Be that as it may, when I noticed that things were not going to work as I had hoped (the drive was now  seen as F: and the entire system had been tested rather than just the F: (I had removed the e:, and the x: drives before I started the scan, but put them back on to do some other work after it had finished and was sitting there saying it was done) and then noticed that the list of files included c: drive files and there were 9 drives), so I disconnected the other drives that I could - the x, the e:, leaving only the c: and the now f: and plugged in a 3 T usb 3 drive to attempt to transfer the files to it. The program allowed me to select the drive g: and when I told it to transfer all the files onto it, it sat there for several hours looking at me - so I told it to cancel. It just sat there - so I disconnected the new drive (unplugged the usb) that I had canceled the operation on (it had the no data on it that wasn't already there). The F: drive was direct connect on an esata port. The G: drive was on a usb 3 hub which uses the output of the pcmcia ( forget the new name for that) card to run usb 3.0 and takes power from another usb port to power the whole thing.
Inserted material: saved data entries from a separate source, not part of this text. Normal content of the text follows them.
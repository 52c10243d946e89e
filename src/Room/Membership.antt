-- ===== src/Room/Membership.antt =====
-- room/room.go: who is in the room after a call of Join.
use Prim.Native.String.{String}
use czx.Base.{
  ◌≡◌, ◌∙◌, sym, ap, refl, true, false, Option, none, some, if◌then◌else◌, if_cases, string_eq,
}
use czx.Base.Int.{geb}
use czx.Container.CMap.{len, has_key, set_key}
use czx.Container.CMap.Refine.{has_key-set_key, has_key-delete}
use czx.Room.{
  Room, RoomError, JoinError, has_player, join_reserve, join_settle, asked_join, to_error, join,
  join_rest,
}

module _ {L E : Type 0} where
  -- What a call of Join, with its result, makes of the presence of a player.
  unfoldable pub Joined : Room L E → String → String → Room L E × Option (JoinError E) → Type 0
  Joined r id who (after, some _) = has_player after who ≡ has_player r who
  Joined r id who (after, none) =
      (has_player r id ≡ false)
      × (has_player after who ≡ (if string_eq.beq id who then true else has_player r who))

  settle-Joined :
      (r : Room L E) (id who : String) (answer : Option E)
      → has_key r.players id ≡ false
      → Joined r id who
          (join_settle (record r { players = set_key r.players id tt }) id answer, to_error answer)
  unfolding Joined has_player join_settle
  settle-Joined r id who none new = (new, has_key-set_key r.players id who tt)
  settle-Joined r id who (some e) new =
      has_key-delete (set_key r.players id tt) id who
      ∙ ap (λ b. if string_eq.beq id who then false else b) (has_key-set_key r.players id who tt)
      ∙ if_cases (λ b. b ≡ has_key r.players who) (string_eq.beq id who) false _
          (λ same. let p : id ≡ who = (string_eq.beq_iff id who).0 same in sym (rw (← p) new))
          (λ other. rw other refl)

  -- After Join returns an error, of the room or of the processor, exactly those are in the room who
  -- were in it before; after it returns none, they and the new player, who was not in it.
  pub join-Joined : (r : Room L E) (id who : String) → Joined r id who (join r id)
  unfolding join join_reserve
  join-Joined r id who =
      let P = λ (s : Room L E × Option RoomError). Joined r id who (join_rest r.processor id s) in
      if_cases P (has_key r.players id) _ _ (λ _. unfold Joined in refl)
        (λ new.
          if_cases P (geb (len r.players) r.max_players) _ _ (λ _. unfold Joined in refl)
            (λ _. settle-Joined r id who (asked_join r.processor id) new))
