-- ===== src/Room/Tests.antt =====
-- A room for one player, whose processor turns everybody down.
use czx.Base.{ℕ, false, List, [], ◌∷◌, none, some, refl, arith, string_eq}
use czx.Base.Int.{pos}
use czx.Base.Dict.{has, lookup}
use czx.Room.{Room, RoomProcessor, join}
use czx.Room.Limit.{Event, reserve, settle, remove, run, IsBounded, run-IsBounded}
use czx.Room.Membership.{Joined, join-Joined}

abbrev strict : RoomProcessor ℕ
strict = record { join = λ id. some 403; leave = λ id. none }

abbrev table : Room ℕ ℕ
table = record {
  max_players = pos 2;
  room_id = "1";
  loop = none;
  running = false;
  players = record { entries = ("ann", tt) ∷ []; max_len = 1; recycler = none };
  processor = some strict;
}

table-IsBounded : IsBounded table
unfolding has lookup
table-IsBounded = (omega arith, ((refl, tt), omega arith))

abbrev rush : List (Event ℕ)
rush =
    reserve "bob"
    ∷ reserve "cat"
    ∷ settle "bob" (some 403)
    ∷ reserve "cat"
    ∷ remove "ann"
    ∷ settle "cat" none
    ∷ []

run-IsBounded_example : IsBounded (run table rush)
run-IsBounded_example = run-IsBounded table rush table-IsBounded

join-Joined_example : Joined table "bob" "ann" (join table "bob")
join-Joined_example = join-Joined table "bob" "ann"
I have a Dell Studio 1797 with 1T ssd hybrid drive for c: The system has about 6 Gig of memory and is I5 dual core 2.4 speed - it's pretty fast anyway. So when all of that happened I was a little surprised when the Recuva program closed itself down. No warning, no message - just gone. I have been around these pcs since 1980 (yes, I was a developer) and I have seen a lot of strange things so I recognized what happened was the software being dumped for bad actions. I understand that it provides an ini file capability, but that is probably special set up.